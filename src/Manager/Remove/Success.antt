-- ===== src/Manager/Remove/Success.antt =====
-- What it means that Uninstall of manager_windows.go returns no error.
use winsvr.Base.{
  ℕ, suc, ◌+◌, ◌*◌, ◌≤◌, ◌<◌, ◌≡◌, refl, sym, ap, ◌∙◌, inl, inr, Option-cases, Bool, true, false,
  Option, none, some, arith,
}
use winsvr.Base.Bytes.{Bytes}
use winsvr.Backoff.{millisecond}
use winsvr.Manager.Calls.{Scm, Transcript, ask, connect, open_service, succeeded, is_delete}
use winsvr.Manager.Remove.{
  Stopping, settled, removal_report, remove_service, stop_and_wait, stop_and_remove,
  uninstall_connected, uninstall,
}
use winsvr.Manager.Remove.Stops.{
  HasStopped, stop_and_wait_sound, stop_and_wait-deletes, stop_and_wait_ends,
}

module _ (scm : Scm) (name : Bytes) where
  removal_report-none :
      (b : Bool) (o : Option _)
      → removal_report scm name (settled b o) ≡ none
      → settled b o ≡ settled true none
  unfolding removal_report
  removal_report-none true none h = refl
  removal_report-none false none h = absurd (cc)
  removal_report-none true (some e) h = absurd (cc)
  removal_report-none false (some e) h = absurd (cc)

  remove_service-none :
      (stopping : Stopping) (s : Transcript)
      → (remove_service scm name stopping s).0 ≡ none
      → (succeeded is_delete (remove_service scm name stopping s).1.calls
          ≡ suc (succeeded is_delete s.calls))
        × (s.tick ≤ (remove_service scm name stopping s).1.tick)
        × (removal_report scm name stopping ≡ none)
  unfolding remove_service ask
  remove_service-none stopping s h = ground arith

  -- The clock goes forward, and a sleep of 300 ms takes that time.
  abbrev pub HasClock : Type 0
  HasClock =
      ((t : ℕ) → scm.clock t ≤ scm.clock (t + 1))
      × ((t : ℕ) → scm.clock t + 300 * millisecond ≤ scm.clock (t + 1 + 1))

  -- The end that counts: the service was seen stopped, and then one was deleted.
  abbrev pub IsRemoved : Transcript → Transcript → Type 0
  IsRemoved s s' =
      HasStopped scm name s s' × (succeeded is_delete s'.calls ≡ suc (succeeded is_delete s.calls))

  module _ (ticks : HasClock) (fuel : ℕ) (enough : 68 ≤ fuel) where
    stop_and_remove-none :
        (s s' : Transcript) → stop_and_remove scm name fuel s ≡ (none, s') → IsRemoved s s'
    unfolding stop_and_remove ask
    stop_and_remove-none s s' h =
        let stopping = (stop_and_wait scm name fuel s).0 in
        let s1 = (stop_and_wait scm name fuel s).1 in
        let (b, o, ended) = stop_and_wait_ends scm name ticks.1 fuel s enough (ticks.0 s.tick) in
        let (deleted, forward, reported) = remove_service-none stopping s1 (ground (arith, h)) in
        let stopped : stopping ≡ settled true none =
          ended
          ∙ removal_report-none b o (ap (λ x. removal_report scm name x) (sym ended) ∙ reported) in
        let (t, after, before, seen) =
          stop_and_wait_sound scm name fuel s s1 (ap (λ x. (x, s1)) stopped) in
        (
          (t, after, ground (arith, h, before, forward), seen),
          ground (arith, h, deleted, stop_and_wait-deletes scm name fuel s),
        )

    -- Where the clock goes forward and a sleep of 300 ms takes that time, an Uninstall that returns no
    -- error, given fuel for 68 requests, has made one request to delete the service that succeeded,
    -- and one of its requests to stop was answered by a service that is stopped or not running.
    pub uninstall_removes :
        (s s' : Transcript) → uninstall scm name fuel s ≡ (none, s') → IsRemoved s s'
    unfolding uninstall uninstall_connected ask
    uninstall_removes s s' h = elim (Option-cases (scm.answer s.tick connect)) [
      | inr (e, bad) ↦ absurd (ground (arith, bad, h))
      | inl connected ↦ elim (Option-cases (scm.answer (s.tick + 1) (open_service name))) [
        | inr (e, bad) ↦ absurd (ground (arith, connected, bad, h))
        | inl opened ↦
            let s2 = (ask scm (open_service name) (ask scm connect s).1).1 in
            let r = stop_and_remove scm name fuel s2 in
            let ((t, after, before, seen), deleted) =
              stop_and_remove-none s2 r.1
                (ap (λ x. (x, r.1)) (ground (arith, connected, opened, h))) in
            let within : t < s'.tick = ground (arith, connected, opened, h, before) in
            let from : s.tick ≤ t = omega (arith, after) in
            ((t, from, within, seen), ground (arith, connected, opened, h, deleted))
      ]
    ]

──────────────────────────────

## INSTRUCTIONS TO FOLLOW
Retype, in the same exact form, the lines of the material above from the line holding "let (b, o, ended)" through the line holding "(t, after, ground".

## RESPONSE BELOW
        let (b, o, ended) = stop_and_wait_ends scm name ticks.1 fuel s enough (ticks.0 s.tick) in
        let (deleted, forward, reported) = remove_service-none stopping s1 (ground (arith, h)) in
        let stopped : stopping ≡ settled true none =
          ended
          ∙ removal_report-none b o (ap (λ x. removal_report scm name x) (sym ended) ∙ reported) in
        let (t, after, before, seen) =
          stop_and_wait_sound scm name fuel s s1 (ap (λ x. (x, s1)) stopped) in
        (
          (t, after, ground (arith, h, before, forward), seen),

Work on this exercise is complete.